In Sinclair Texas Pipe Line Co. v. Ross the Sinclair Texas Pipe Line Company was granted a right of way across the Patterson farm. The employees established a road across the farm which was used by the public, even though it was not a publicly dedicated road. At a point approximately six feet north of the road the company excavated what was known as a "bell hole." The plaintiff Ross, while running up the road, fell into the bell hole and sustained serious injuries. In this case the court held that, "since the excavation was in close proximity to said road, the negligence of defendants became the proximate cause of his injury." The second syllabus of said case is as follows: *Page 362
"Where a cause of danger to public travel exists on private land adjoining a public roadway, the liability for the injury from it depends on its dangerous character with reference to public travel, rather than to its exact location. The question whether it endangers public travel is as a general rule one of fact and not of law."
We have examined the authorities submitted by the defendant in its brief, particularly Kirk v. City of Muskogee,183 Okla. 536, 83 P.2d 594. The authorities cited are not in point under the facts presented by the record here under consideration. In the Kirk Case it was sought to hold the city liable for its failure to maintain a stop sign on its street so as to apprise motorists approaching the intersection that they should stop before entering upon such intersection.

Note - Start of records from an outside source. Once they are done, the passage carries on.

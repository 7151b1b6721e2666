-- ===== src/PrivatizationTree/Attained.antt =====
-- The timestamp at the root in src/stm/privatization_tree.h is MINIMUM_TS or one that a thread gave.
use tlstm.Prelude.{
  ℕ, zero, suc, ◌+◌, ◌-◌, ◌/◌, ◌%◌, ◌^◌, ◌<◌, ◌≤◌, ◌≡◌, ◌⊎◌, inl, inr, refl, sym, ap, ◌∙◌, arith,
  ◌==◌, if◌then◌else◌,
}
use tlstm.Common.Constants.{max_threads}
use tlstm.PrivatizationTree.{
  get_parent_node_idx, get_sibling_node_idx, calculate_parent_ts, ancestor,
}
use tlstm.PrivatizationTree.Index.{parent-sibling}
use tlstm.PrivatizationTree.Consistent.{Consistent, AtNode}

-- The leaf whose ancestor at the level is the sibling of the leaf's own.
flip : ℕ → ℕ → ℕ
flip k x = if x / 2 ^ k % 2 == 0 then x + 2 ^ k else x - 2 ^ k

sibling-ancestor :
    (k x : ℕ)
    → k ≤ 5
    → x < 64
    → (get_sibling_node_idx (ancestor k x) ≡ ancestor k (flip k x)) × (flip k x < 64)
unfolding ancestor flip get_sibling_node_idx get_parent_node_idx
sibling-ancestor zero x h l = (ground arith, ground arith)
sibling-ancestor (suc zero) x h l = (ground arith, ground arith)
sibling-ancestor (suc (suc zero)) x h l = (ground arith, ground arith)
sibling-ancestor (suc (suc (suc zero))) x h l = (ground arith, ground arith)
sibling-ancestor (suc (suc (suc (suc zero)))) x h l = (ground arith, ground arith)
sibling-ancestor (suc (suc (suc (suc (suc zero))))) x h l = (ground arith, ground arith)
sibling-ancestor (suc (suc (suc (suc (suc (suc k)))))) x h l = absurd (omega arith)

ancestor-parent : (k x : ℕ) → ancestor (suc k) x ≡ get_parent_node_idx (ancestor k x)
unfolding ancestor
ancestor-parent zero x = refl
ancestor-parent (suc k) x = ancestor-parent k (get_parent_node_idx x)

parent_ts-cases :
    (my sibling : ℕ)
    → (calculate_parent_ts my sibling ≡ my) ⊎ (calculate_parent_ts my sibling ≡ sibling)
unfolding calculate_parent_ts
parent_ts-cases my sibling = ground arith

-- A node's timestamp is that of one of the leaves below it.
pub attained :
    (k j x root : ℕ) (f : ℕ → ℕ)
    → k ≤ 6
    → x < max_threads
    → Consistent root f
    → ancestor j (ancestor k x) ≡ root
    → (y : ℕ) × (y < max_threads) × (f y ≡ f (ancestor k x))
unfolding Consistent AtNode ancestor
attained zero j x root f h l c r = (x, l, refl)
attained (suc k) j x root f h l c r =
    let here = ap (ancestor j) (sym (ancestor-parent k x)) ∙ r in
    elim (parent_ts-cases (f (ancestor k x)) (f (get_sibling_node_idx (ancestor k x)))) [
      | inl mine ↦
          let (y, small, e) = attained k (suc j) x root f (omega arith) l c here in
          (y, small, e ∙ sym (ap f (ancestor-parent k x) ∙ c (ancestor k x) j here ∙ mine))
      | inr other ↦
          let (flipped, flip_small) = sibling-ancestor k x (omega arith) l in
          let (y, small, e) = attained k (suc j) (flip k x) root f (omega arith) flip_small c (
            ap (ancestor (suc j)) (sym flipped)
            ∙ ap (ancestor j) (parent-sibling (ancestor k x))
            ∙ here) in
          (
            y,
            small,
            e ∙ sym (ap f (ancestor-parent k x) ∙ c (ancestor k x) j here ∙ other ∙ ap f flipped),
          )
    ]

In the body of the opinion we said:
"This court is committed to the rule that a municipality is liable for damages sustained from defects in its streets, but there is a clear distinction between the failure of a city to keep its streets in a safe condition as regards physical defects therein and failure or neglect in regulating traffic thereon."
It is apparent that the facts in the cited case are plainly distinguishable from the facts here under consideration.
The defendant complains of the reception of evidence offered by the plaintiff relating to other accidents at the point of the accident in the present case, and occurring prior thereto. The admission of this evidence was not error for the purpose of showing knowledge of dangerous conditions. City of Tulsa v. Whittenhall, 140 Okla. 160, 282 P. 322. See, also, annotations at 65 A. L. R. 380.
Additionally, the defendant contends that the amount recovered is grossly excessive. Plaintiff sued for $26,300 and recovered a judgment for $5,000. From an examination of the entire record, we are unable to say that the amount of the judgment is grossly excessive.
The judgment is affirmed.
BAYLESS, C. J., and OSBORN, CORN, and HURST, JJ., concur.